# Bye bye barn swallows forever UPDATE/ NET PIC PG 3



## Marty (Jun 27, 2013)

I'm not a bird hater so don't jump all over me but darn it, these barn swallows have got to go. I have found lice on my horses, bird crap all over them, bird crap all over the stalls, in the feeders, in the water and I am on my last nerve. I have come to the conclusion, that if you have barn swallows, your horses have lice and you probably do too, or even bed bugs that they carry. Sorry, but I draw the line at that stuff. I came out last night to find them roosting along the electrical wires that run the length of my barn. There must have been a hundred of them and they are going to leave!

I have done everything in the past, hung up pie plates, CD disks, fake snakes, a fake barn owl and let me tell you, after a while they are on to it and all that is non-effective. But I found something that is actually going to work from testimony of friends:

BIRD NETTING. It also may be called Bird B Gone and can be found in the dollar stores, Walmart, or Lowes or Home Depot for around $7.00. I'm going after mine asap and this little pesky birdies are going to be evicted.

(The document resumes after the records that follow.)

-- ===== src/WebSocket/MessageParser.antt =====
-- `websocket::Parser`, src/websocket/Parser.cpp and include/websocket/Parser.hpp: it collects the
-- payloads of the frame parser and calls `_callback` with whole messages. What it hands to the
-- callback is recorded in `delivered`, the oldest first. The frame parser's callbacks see all of the
-- object but `_ws_parser`, which is passed beside it.
use eventhub.Prelude.{ℕ, [], ◌∷◌, ◌++◌, List, if◌then◌else◌, ltb, Bytes, Option, none, some, length}
use eventhub.WebSocket.Types.{
  FrameType, to_frame_type, ParserStatus, parser_ok, max_data_frame_size_exceeded,
  max_control_frame_size_exceeded, Delivery, max_data_frame_size, ws_max_control_frame_size,
}
use eventhub.WebSocket.FrameParser.{WsParser, Status, Callbacks, ws_parser_execute}

pub record Parser : Type 0 where
  pub data_payload_buf : Bytes
  pub control_payload_buf : Bytes
  pub data_frame_type : FrameType
  pub control_frame_type : FrameType
  pub delivered : List Delivery

-- `callback`
unfoldable pub callback : Parser → ParserStatus → FrameType → Bytes → Parser
callback obj s t payload = record obj {
  delivered = obj.delivered ++ record { status = s; frame_type = t; payload = payload } ∷ [];
}

unfoldable pub append_data_payload : Parser → Bytes → Parser
unfolding callback
append_data_payload obj text =
    let obj' = record obj { data_payload_buf = obj.data_payload_buf ++ text } in
    if ltb max_data_frame_size (length obj'.data_payload_buf)
    then callback obj' max_data_frame_size_exceeded obj'.data_frame_type obj'.data_payload_buf
    else obj'

-- The callback is handed the data buffer, not the control buffer.
unfoldable pub append_control_payload : Parser → Bytes → Parser
unfolding callback
append_control_payload obj text =
    let obj' = record obj { control_payload_buf = obj.control_payload_buf ++ text } in
    if ltb ws_max_control_frame_size (length obj'.control_payload_buf)
    then callback obj' max_control_frame_size_exceeded obj'.control_frame_type obj'.data_payload_buf
    else obj'

unfoldable pub parser_on_data_begin : Parser → ℕ → Parser × ℕ
parser_on_data_begin obj frame_type =
    (record obj { data_payload_buf = []; data_frame_type = to_frame_type frame_type }, 0)

unfoldable pub parser_on_data_payload : Parser → Bytes → Parser × ℕ
unfolding append_data_payload
parser_on_data_payload obj buff = (append_data_payload obj buff, 0)

unfoldable pub parser_on_data_end : Parser → Parser × ℕ
unfolding callback
parser_on_data_end obj = (callback obj parser_ok obj.data_frame_type obj.data_payload_buf, 0)

unfoldable pub parser_on_control_begin : Parser → ℕ → Parser × ℕ
parser_on_control_begin obj frame_type =
    (record obj { control_payload_buf = []; control_frame_type = to_frame_type frame_type }, 0)

unfoldable pub parser_on_control_payload : Parser → Bytes → Parser × ℕ
unfolding append_control_payload
parser_on_control_payload obj buff = (append_control_payload obj buff, 0)

unfoldable pub parser_on_control_end : Parser → Parser × ℕ
unfolding callback
parser_on_control_end obj =
    (callback obj parser_ok obj.control_frame_type obj.control_payload_buf, 0)

-- `_ws_parser_callbacks`
abbrev pub parser_callbacks : Callbacks Parser
parser_callbacks = record {
  on_data_begin = parser_on_data_begin;
  on_data_payload = parser_on_data_payload;
  on_data_end = parser_on_data_end;
  on_control_begin = parser_on_control_begin;
  on_control_payload = parser_on_control_payload;
  on_control_end = parser_on_control_end;
}

unfoldable pub after_execute : Option (Status × WsParser × Parser) → Option (WsParser × Parser)
after_execute none = none
after_execute (some (s, ws, obj)) = some (ws, obj)

-- `parse`: the return code of `ws_parser_execute` is dropped. (`none`: out of fuel.)
unfoldable pub parse : WsParser × Parser → Bytes → Option (WsParser × Parser)
unfolding after_execute
parse (ws, obj) buf = after_execute (ws_parser_execute parser_callbacks ws obj buf)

This has been a public service announcement


----------



## LittleRibbie (Jun 27, 2013)

wont bay leaves work!!! LOL


----------



## MountainWoman (Jun 27, 2013)

That's a lot of swallows. I have two this year (first year ever) and they are in my loft and swoop in and out and haven't caused any trouble but if I had 100 birds pooping all over my horses feed and water and giving my horses lice, I'd be aggravated too. Hope the netting works for you.


----------



## bevann (Jun 27, 2013)

I'm with you Marty.I must have hundreds on them.To me the poop is not as bad as the MITES they carry.Form the previous 2 years I have had so many bites to my upper torso and even my feet.Couldn't figure out what is was then after an internet search I looked at my bites and did a match.Then 1 day I saw 1 of the little beggers crawling on me.They even came in the house on me and got into my sofa and computer chair.Another internet search and off to the hardware store to get some killer spray.After several sprays I got them out of the house.Knocking down nests gets rid of them but it causes the mites to fly and land on humans.Karl can knock them down and they don't seem to affect him the way they do me.this year we resorted to bird netting on some doors and keeping the big back door shut.Just be sure to get the netting with really small holes or they will fly right through it.I have become a bird hater.they are so nasty.We never seem to get good birds-only the ones that cause problems.They nest in any vehicle near the barn.2 yrs ago we had a major fire in the tractor due to a nest built where we couldn't see it and near the engine.Cost several thousand dollars to repair and loss of tractor when we really needed it.


----------



## Riverrose28 (Jun 27, 2013)

We had one pair build a nest on the side of a board in our broodmare stall. We have a natural predator, a black snake got in the nest ate the eggs and off went the swallows.


----------



## Tab (Jun 27, 2013)

Can you use those needle type strips? Bird proofing strips? I need to get some myself. I used to have my horses in a relatively bird free barn, my barn now is a very wide open x-dairy barn and it is bird central. All winter too with the wrens/sputsies. I understand your pain COMPLETELY!


----------



## Jean_B (Jun 27, 2013)

Wish I could remember the name of the product we used to use at the pest control company where I worked...one large customer had a major problem with swallows getting into a large factory. So they would fog the exterior about the time the birds were heading back to roost - it smelled like bubble gum and had no ill effect on people, but it would make the birds think they were choking and would leave, not come back for several weeks.


----------



## wildoak (Jun 27, 2013)

Please tell me something works against these pests! We have been happily co-existing with a family of them for several years, but this season they have taken over! All through my barn, on my back porch, over the kitchen door, messing on my truck where I park it.... I have a lot of space to cover, how do you use the netting?

Jan


----------



## atotton (Jun 27, 2013)

I hope it works and you are rid of the pesky beggers.


----------



## Marty (Jun 28, 2013)

Walmart has it in the garden section. I'm heading that way in the am. They said it was 16 feet wide and I forgot how wide the other way. But I plan on staple gunning it along the top and letting it hang down about half way or so. Its probably not necessary to be that long but I can always shorten it up and I want to go full power at first to be sure they know they are evicted.. Also another friend told me you can bring the loose part out to a 45 degree angle if there is something there to attach it to like a post. Actually I do have two posts right there that are holding up my sun deck to the loft. I'm going to test drive it all ways and take pics and show you when its done.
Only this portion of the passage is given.